What I take away from this is that they should have separated the utility from an assumption being true, from the probability/likelihood of an assumption being true, and indeed this shows some calibration problems.
There is slipping into more convenient worlds for reasons based on utility rather than evidence, which is a problem (assuming it’s solvable for you.)
This is an important takeaway, but I don’t think your other takeaways help as much as this one.
That said, this constraint IRL makes almost all real-life problems impossible for humans and AIs:
I have an exercise where I give people the instruction to play a puzzle game (“Baba is You”), but where you normally have the ability to move around and interact with the world to experiment and learn things, instead, you need to make a complete plan for solving the level, and you aim to get it right on your first try.
In particular, if such a constraint exists, then it’s a big red flag that the problem you are solving is impossible to solve, given that constraint.
Almost all plans fail on the first try, even for really competent plans and humans, and outside of very constrained regimes, 0 plans work out on the first try.

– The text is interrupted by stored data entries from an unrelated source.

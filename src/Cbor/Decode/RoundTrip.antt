-- ===== src/Cbor/Decode/RoundTrip.antt =====
-- `Decode` after `Encode`, in parts: Sorting (the order of entries), Shape (the value that comes back), Parts,
-- Pairs, Maps and Values (the decoder on each kind's encoding), Fuel (the round trip),
-- Ordered (the order of its maps).
pub mod Sorting
pub mod Shape
pub mod Parts
pub mod Pairs
pub mod Maps
pub mod Values
pub mod Fuel
pub mod Ordered
pub mod Injective
pub mod Idempotent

Thus, if you are truly in a situation where you are encountering such constraints, you should give up on the problem ASAP, and rest a little to make sure that the constraint actually exists.
So while this is a fun experiment, with real takeaways, I’d warn people that constraining a plan to work on the first try and requiring completeness makes lots of problems impossible to solve for us humans and AIs.
I’m confident Eliezer would agree with you that if you can find a way to do something easier instead, you should absolutely do that. But he also argues that there is no guarantee that something easier exists; the universe isn’t constrained to only placing fair demands on you.
My point isn’t that the easier option always exists, or even that a problem can’t be impossible.
My point is that if you are facing a problem that requires 1-shot complete plans, and there’s no second try, you need to do something else.
There is a line where a problem becomes too difficult to productively work on, and that constraint is a great sign of an impossible problem (if it exists.)
AND your accurate assessment of the difficulty. The overconfidence displayed in this mini-experiment seems to result in part from people massively misestimating the difficulty of this relatively simple problem. That’s why it’s so concerning WRT alignment.
Not really, but they are definitely more few-shot than other areas, but thankfully getting 1 thing wrong isn’t usually an immediate game-ender (though it is still to be avoided, and importantly this is why these 2 areas are harder than a lot of other fields).
Ah- well said. I understand the rest of your comments better now. And I thoroughly agree, with a caveat about the complexity of the problem and the amount of thought and teamwork applied (e.g., I expect that a large team working for a month in effective collaboration would’ve solved the problem in this experiment, but alignment is probably much more difficult than that).
What I take away from this is that they should have separated the utility from an assumption being true, from the probability/likelihood of an assumption being true, and indeed this shows some calibration problems.
There is slipping into more convenient worlds for reasons based on utility rather than evidence, which is a problem (assuming it’s solvable for you.)
This is an important takeaway, but I don’t think your other takeaways help as much as this one.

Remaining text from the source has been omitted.